DMZ – GESUNDHEIT ¦ Anton Aeberhard ¦
In Naturheilpraxen und Wellnesszentren erfreut sich die sogenannte Moxatherapie wachsender Beliebtheit. Die Methode stammt aus dem Repertoire der Traditionellen Chinesischen Medizin (TCM) und verspricht Heilung durch Wärme: Beifußkraut (Artemisia vulgaris), zu Zigarren gerollt oder lose aufgesetzt, wird über bestimmten Akupunkturpunkten abgebrannt, um angeblich die Lebensenergie „Qi“ zu stärken und Blockaden zu lösen. Doch was stimmungsvoll klingt, hält einer wissenschaftlichen Prüfung nicht stand.

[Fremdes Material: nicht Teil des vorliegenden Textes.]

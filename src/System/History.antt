-- ===== src/System/History.antt =====
-- What becomes of the records of a data file: how auctions.dat and disputes.dat may change in the long
-- run.
use online_auction_system.Base.{
  ℕ, ◌≡◌, ◌∙◌, refl, ap, sym, subst, some, true, false, arith, Bool-cases, inl, inr, ◌⊎◌, ◌==◌,
  length, get_elem?-lt, [], ◌∷◌, ◌++◌,
}
use online_auction_system.Base.Money.{◌≤ℤ◌, ◌<ℤ◌}
use online_auction_system.Models.{Amount, Auction, AuctionStatus, Dispute}
use online_auction_system.Store.{File, records, read_at, replaced}
use online_auction_system.Store.Laws.{read_at-replaced, read_at-append, read_at-get}
use online_auction_system.BidHandler.{is_open}
use online_auction_system.Dispute.{is_pending}

-- Every record of `f` is still there in `f'`, as one that may follow it.
pub record Evolves {A : Type 0} (R : A → A → Type 0) (f f' : File A) : Type 0 where
  pub later : (i : ℕ) (a : A) → read_at f i ≡ some a → (a' : A) × (read_at f' i ≡ some a') × R a a'

module _ {A : Type 0} {R : A → A → Type 0} where
  pub Evolves-trans :
      ((a b c : A) → R a b → R b c → R a c)
      → {f g h : File A} → Evolves R f g
      → Evolves R g h
      → Evolves R f h
  Evolves-trans join p q = record {
    later = λ i a found.
        let (b, there, r) = p.later i a found in
        let (c, there', r') = q.later i b there in (c, there', join a b c r r');
  }

  module _ (same : (a : A) → R a a) where
    pub Evolves-same : {f f' : File A} → f' ≡ f → Evolves R f f'
    Evolves-same e = record { later = λ i a found. (a, rw e found, same a) }

    pub Evolves-replaced :
        (f : File A) (s : ℕ) (v : A) {old : A}
        → read_at f s ≡ some old
        → R old v
        → Evolves R f (replaced f s v)
    Evolves-replaced f s v {old} found r = record { later = go }
      where
        go :
            (i : ℕ) (a : A)
            → read_at f i ≡ some a
            → (a' : A) × (read_at (replaced f s v) i ≡ some a') × R a a'
        go i a there = elim (Bool-cases (i == s)) [
          | inr other ↦ (a, read_at-replaced f s i v found ∙ rw other there, same a)
          | inl here ↦
              let at : i ≡ s = ground arith in
              let q : some a ≡ some old =
                sym there ∙ subst (λ j. read_at f j ≡ some old) (sym at) found in
              let e : old ≡ a = cc in
              (v, read_at-replaced f s i v found ∙ rw here refl, subst (λ x. R x v) e r)
        ]

    pub Evolves-append :
        (f : File A) (v : A) → Evolves R f (record f { contents = some (records f ++ (v ∷ [])) })
    Evolves-append f v = record {
      later = λ i a there.
          let inside = get_elem?-lt (records f) i (read_at-get f i there) in
          let other : (i == length (records f)) ≡ false = ground arith in
          (a, read_at-append (λ x. 0) v f v i ∙ rw other there, same a);
    }

-- The outcome of an auction: it is over, with the same winner and price.
pub record Settled (a a' : Auction) : Type 0 where
  pub over : is_open a'.status ≡ false
  pub same_bidder : a'.highest_bidder_id ≡ a.highest_bidder_id
  pub same_price : a'.current_bid ≡ a.current_bid

-- `a'` may be what has become of the auction `a`: its terms are the same, its price has not fallen, and
-- if it was over, its outcome is the same.
pub record Follows (a a' : Auction) : Type 0 where
  pub same_id : a'.auction_id ≡ a.auction_id
  pub same_seller : a'.seller_id ≡ a.seller_id
  pub same_start_price : a'.start_price ≡ a.start_price
  pub same_reserve : a'.reserve_price ≡ a.reserve_price
  pub same_end : a'.end_time ≡ a.end_time
  pub price_rises : a.current_bid ≤ℤ a'.current_bid
  pub outcome : (is_open a.status ≡ true) ⊎ Settled a a'

-- The same for disputes: who complains of what stays, and a ruling is final.
pub record FollowsDispute (d d' : Dispute) : Type 0 where
  pub same_id : d'.dispute_id ≡ d.dispute_id
  pub same_auction : d'.auction_id ≡ d.auction_id
  pub same_complainer : d'.raised_by_user_id ≡ d.raised_by_user_id
  pub same_reason : d'.reason ≡ d.reason
  pub ruling : (is_pending d.status ≡ true) ⊎ (d' ≡ d)

pub Follows-refl : (a : Auction) → Follows a a
Follows-refl a = record {
  same_id = refl;
  same_seller = refl;
  same_start_price = refl;
  same_reserve = refl;
  same_end = refl;
  price_rises = omega arith;
  outcome = elim (Bool-cases (is_open a.status)) [
    | inl opened ↦ inl opened
    | inr shut ↦ inr (record { over = shut; same_bidder = refl; same_price = refl })
  ];
}

Settled-then : (a b c : Auction) → Settled a b → Follows b c → Settled a c
Settled-then a b c s f = elim f.outcome [
  | inl opened ↦ absurd (ground (arith, s.over))
  | inr t ↦ record {
    over = t.over;
    same_bidder = t.same_bidder ∙ s.same_bidder;
    same_price = t.same_price ∙ s.same_price;
  }
]

pub Follows-trans : (a b c : Auction) → Follows a b → Follows b c → Follows a c
Follows-trans a b c p q = record {
  same_id = q.same_id ∙ p.same_id;
  same_seller = q.same_seller ∙ p.same_seller;
  same_start_price = q.same_start_price ∙ p.same_start_price;
  same_reserve = q.same_reserve ∙ p.same_reserve;
  same_end = q.same_end ∙ p.same_end;
  price_rises = omega (arith, p.price_rises, q.price_rises);
  outcome = elim p.outcome [
    | inl opened ↦ inl opened
    | inr settled ↦ inr (Settled-then a b c settled q)
  ];
}

-- A higher bid on an open auction.
pub bid-Follows :
    (a : Auction) (amount : Amount) (bidder_id count : ℕ)
    → is_open a.status ≡ true
    → a.current_bid <ℤ amount
    → Follows a
        (record a { current_bid = amount; highest_bidder_id = bidder_id; bid_count = count })
bid-Follows a amount bidder_id count opened beats = record {
  same_id = refl;
  same_seller = refl;
  same_start_price = refl;
  same_reserve = refl;
  same_end = refl;
  price_rises = omega (arith, beats);
  outcome = inl opened;
}

-- Another status, where the auction was open or does not open.
pub status-Follows :
    (a : Auction) (status : AuctionStatus)
    → (is_open a.status ≡ true) ⊎ (is_open status ≡ false)
    → Follows a (record a { status = status })
status-Follows a status h = record {
  same_id = refl;
  same_seller = refl;
  same_start_price = refl;
  same_reserve = refl;
  same_end = refl;
  price_rises = omega arith;
  outcome = elim h [
    | inl opened ↦ inl opened
    | inr shut ↦ inr (record { over = shut; same_bidder = refl; same_price = refl })
  ];
}

pub FollowsDispute-refl : (d : Dispute) → FollowsDispute d d
FollowsDispute-refl d = record {
  same_id = refl;
  same_auction = refl;
  same_complainer = refl;
  same_reason = refl;
  ruling = inr refl;
}

pub FollowsDispute-trans :
    (a b c : Dispute) → FollowsDispute a b → FollowsDispute b c → FollowsDispute a c
FollowsDispute-trans a b c p q = record {
  same_id = q.same_id ∙ p.same_id;
  same_auction = q.same_auction ∙ p.same_auction;
  same_complainer = q.same_complainer ∙ p.same_complainer;
  same_reason = q.same_reason ∙ p.same_reason;
  ruling = elim p.ruling [
    | inl pending ↦ inl pending
    | inr same ↦ elim q.ruling [
      | inl pending ↦ inl (ap (λ d. is_pending d.status) (sym same) ∙ pending)
      | inr same' ↦ inr (same' ∙ same)
    ]
  ];
}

Fehlende Evidenz trotz jahrtausendealter Praxis
Die Beliebtheit der Moxatherapie beruht weniger auf empirischer Wirksamkeit als auf der kulturellen Erzählung fernöstlicher Heilkunst. Tatsächlich ist der wissenschaftliche Erkenntnisstand ernüchternd. Eine umfassende systematische Übersichtsarbeit aus der renommierten Cochrane Database of Systematic Reviews (2020) analysierte die verfügbaren Studien zur Moxatherapie und kam zu einem klaren Ergebnis: Die methodische Qualität sei überwiegend mangelhaft, das Risiko für systematische Verzerrungen (Bias) hoch. Verlässliche Aussagen zur Wirksamkeit lassen sich daraus nicht ableiten. Gut konzipierte randomisierte kontrollierte Studien fehlen nahezu vollständig.
Selbst in Bereichen, in denen die Moxatherapie besonders häufig angewendet wird – etwa zur Schmerzbehandlung oder zur Wendung von Steißlagen bei Schwangeren – bleibt der Nutzen unbewiesen. Die oft zitierten positiven Einzelfallberichte oder kleinskaligen Studien mit positiven Ergebnissen genügen modernen wissenschaftlichen Standards nicht.
Nicht nur wirkungslos, sondern potenziell schädlich
Neben der fraglichen Wirksamkeit birgt die Methode durchaus Risiken. Es wurden Fälle von Verbrennungen, allergischen Reaktionen auf Beifußrauch und sogar Rauchvergiftungen dokumentiert. Besonders problematisch ist der Einsatz bei Schwangeren: Die Moxibustion zur Wendung des Kindes aus Beckenendlage wird zwar von manchen Hebammen praktiziert, doch gibt es keinen Konsens über Sicherheit und Effektivität. Die Deutsche Gesellschaft für Gynäkologie und Geburtshilfe (DGGG) empfiehlt daher Zurückhaltung.
Auch der entstehende Rauch kann insbesondere bei empfindlichen Personen, etwa Asthmatikern oder Kindern, zu Reizungen der Atemwege führen. In schlecht belüfteten Räumen drohen akute gesundheitliche Gefahren.
Pseudomedizin mit Traditionsbonus
Die Moxatherapie steht exemplarisch für eine Reihe alternativer Verfahren, die sich ihrer jahrhundertealten Herkunft und spirituell aufgeladenen Symbolik bedienen, ohne eine wissenschaftlich belastbare Grundlage zu bieten. Dass eine Methode „traditionell“ ist, bedeutet nicht automatisch, dass sie auch wirksam oder ungefährlich ist – das zeigen auch andere Praktiken wie Schröpfen oder Blutegeltherapie, deren Nutzen in vielen Fällen ebenfalls nicht belegt ist.
Fazit
Trotz jahrtausendealter Herkunft und ästhetisch inszenierter Rituale bleibt die Moxatherapie ein Verfahren ohne nachgewiesenen medizinischen Nutzen. Die suggerierte Wirkung basiert vor allem auf dem Placeboeffekt und kultureller Suggestion. Wer sich auf diese Form der „Wärmetherapie“ verlässt, riskiert, notwendige schulmedizinische Behandlungen zu verschieben oder ganz zu unterlassen – mit potenziell gravierenden Folgen. Was bleibt, ist nicht heilende Glut, sondern die nüchterne Asche wissenschaftlicher Erkenntnis.